Quello che resta basta per la normale attività della società di Grancia. «La quantità è sufficiente per i nostri clienti, sommando la scorta obbligatoria rimasta abbiamo una capienza di 20 milioni di litri» ci risponde il direttor Scarpazza. «Noi principalmente lavoriamo sugli acquisti del momento, compriamo giorno per giorno in base agli ordini ricevuti. La quantità richiesta viene ordinata, ricevuta e stoccata fino al giorno concordato per la consegna». Perché non fate scorta quando il prezzo scende? «Perché è molto rischioso, sostanzialmente è come giocare in borsa. Il prezzo del prodotto oscilla parecchio e non possiamo fare speculazioni, non è nemmeno il nostro lavoro. Faccio un esempio: se durante la pandemia avessimo avuto all’interno dei depositi 20 milioni di litri di nostra proprietà, lei oggi avrebbe telefonato a un numero inesistente... perché non avremmo potuto sopportare il colpo di un abbassamento dei prezzi, da 1 franco e 20, a 30 centesimi al litro. Non so se i colleghi di altre società ragionano diversamente, si possono fare delle coperture in borsa e cose del genere, ma noi alla Pina petroli facciamo in questo modo. Il corso dell’olio da riscaldamento è imprevedibile, da quando è iniziata la guerra in Ucraina il prezzo cambia dalla mattina al pomeriggio, anche un franco e 20 per cento litri, che sembra poco ma sulla quantità sono parecchi soldi...».
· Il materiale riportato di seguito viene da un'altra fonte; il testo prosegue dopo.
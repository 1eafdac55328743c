-- ===== src/Exports/Samples.antt =====
-- One export job, its claims and its completion, and the theorems at that input.
use spectraplex.Base.{
  ℕ, pos, Bool, true, false, ◌≡◌, refl, none, some, List, [], ◌∷◌, arith, first_by,
}
use spectraplex.Dataset.{token_transfers}
use spectraplex.Exports.{
  ExportJob, csv, Table, ExportUpdate, claimable, candidates, oldest, new_job, taken, updated,
  completed, claim_export_job, update_export_job_status, check_status, heartbeat_export_job,
  get_export_job, Statement, claim, set_status, heartbeat, exec, run,
}
use spectraplex.Exports.Claims.{reclaimed_export_fenced}
use spectraplex.Exports.Lifecycle.{IsConsistent, exports-IsConsistent, ended_export_frozen}

abbrev fresh : ExportJob
fresh = new_job 1 100 token_transfers csv none none (some 7)

abbrev table : Table
table = fresh ∷ []

abbrev unlocked : ℕ → Bool
unlocked i = false

abbrev taken_table : Table
taken_table = taken "w1" 110 fresh ∷ []

abbrev finished : ExportUpdate
finished = record {
  status = "completed";
  record_count = some (pos 12);
  result_location = some "/exports/1.csv";
  error_message = none;
  delivery_destination = none;
  dataset_version_id = none;
  dataset_version = none;
  completeness_status = none;
  completeness_coverage = none;
  last_ingestion_run_id = none;
}

abbrev done : ExportJob
done = updated completed finished 130 131 (taken "w1" 110 fresh)

program : Unit {0}
unfolding claim_export_job update_export_job_status check_status heartbeat_export_job get_export_job
    claimable candidates oldest first_by exec run
program = tt

claim_fresh : claim_export_job unlocked 110 "w1" table ≡ (some (taken "w1" 110 fresh), taken_table)
unfolding program
claim_fresh = refl

complete_taken :
    update_export_job_status 1 finished "w1" 130 131 taken_table ≡ (some true, done ∷ [])
unfolding program
complete_taken = refl

reclaimed_export_fenced_example :
    let after =
      run (heartbeat 1 "w2" 520 ∷ []) (claim_export_job unlocked 510 "w2" taken_table).1 in
    (update_export_job_status 1 finished "w1" 530 531 after ≡ (some false, after))
    × (heartbeat_export_job 1 "w1" 531 after ≡ (false, after))
unfolding program
reclaimed_export_fenced_example =
    reclaimed_export_fenced unlocked 510 530 531 "w2" "w1" finished taken_table
      (heartbeat 1 "w2" 520 ∷ []) {j = record (taken "w2" 510 fresh) { started_at = some 110 }} refl
      refl refl

table-IsConsistent : IsConsistent table
table-IsConsistent = record {
  ids = λ i. ground arith;
  rows = (record { completion = refl; leased = λ h. cc }, tt);
}

abbrev life : List Statement
life = claim unlocked 110 "w1" ∷ set_status 1 finished "w1" 130 131 ∷ []

exports-IsConsistent_example : IsConsistent (run life table)
exports-IsConsistent_example = exports-IsConsistent life table table-IsConsistent

done-IsConsistent : IsConsistent (done ∷ [])
done-IsConsistent = record {
  ids = λ i. ground arith;
  rows = (record { completion = refl; leased = λ h. cc }, tt);
}

ended_export_frozen_example :
    get_export_job 1 (run (claim unlocked 900 "w2" ∷ heartbeat 1 "w1" 901 ∷ []) (done ∷ []))
    ≡ some done
unfolding program
ended_export_frozen_example =
    ended_export_frozen 1 done (claim unlocked 900 "w2" ∷ heartbeat 1 "w1" 901 ∷ []) (done ∷ [])
      done-IsConsistent refl refl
Certo che il ‘just in time’ comporta un costante viavai di autobotti. «È vero, negli ultimi anni è diventata un’attività molto frenetica. La merce viene ritirata giorno per giorno, e calcoli che un’autobotte con rimorchio contiene 30mila litri, passano da una al giorno fino a 13 o 14, dipende da quanta merce devo importare. D’altra parte in Ticino c’è ancora necessità di olio da riscaldamento, ci sono zone non servite dal gas, ma ci sono anche famiglie che non possono permettersi di cambiare vettore energetico. Sono costi notevoli, per mettere la termopompa in una palazzina non di recente costruzione vuol dire spendere dai 160-170mila franchi in su. Senza contare che questi impianti lavorano a basse temperature, quindi lo stabile deve essere ben coibentato: doppi vetri, cappotto, tetto fatto in un determinato modo. Sono tutti investimenti che devono essere fatti per sfruttare bene la termopompa e naturalmente non tutti possono permetterselo. È vero che il solo impianto di termopompa si ammortizza, nel giro di diversi anni, ma se si considerano tutti gli investimenti a volte economicamente non ha senso cambiare vettore. Noi ai nostri clienti offriamo un servizio di consulenza, con un ingegnere che valuta le diverse soluzioni possibili: termopompa, pellet o quant’altro. Su grosse strutture possiamo anche fornire noi il servizio di gestione del calore prodotto. L’importante è comunque scegliere la migliore soluzione per ogni stabile».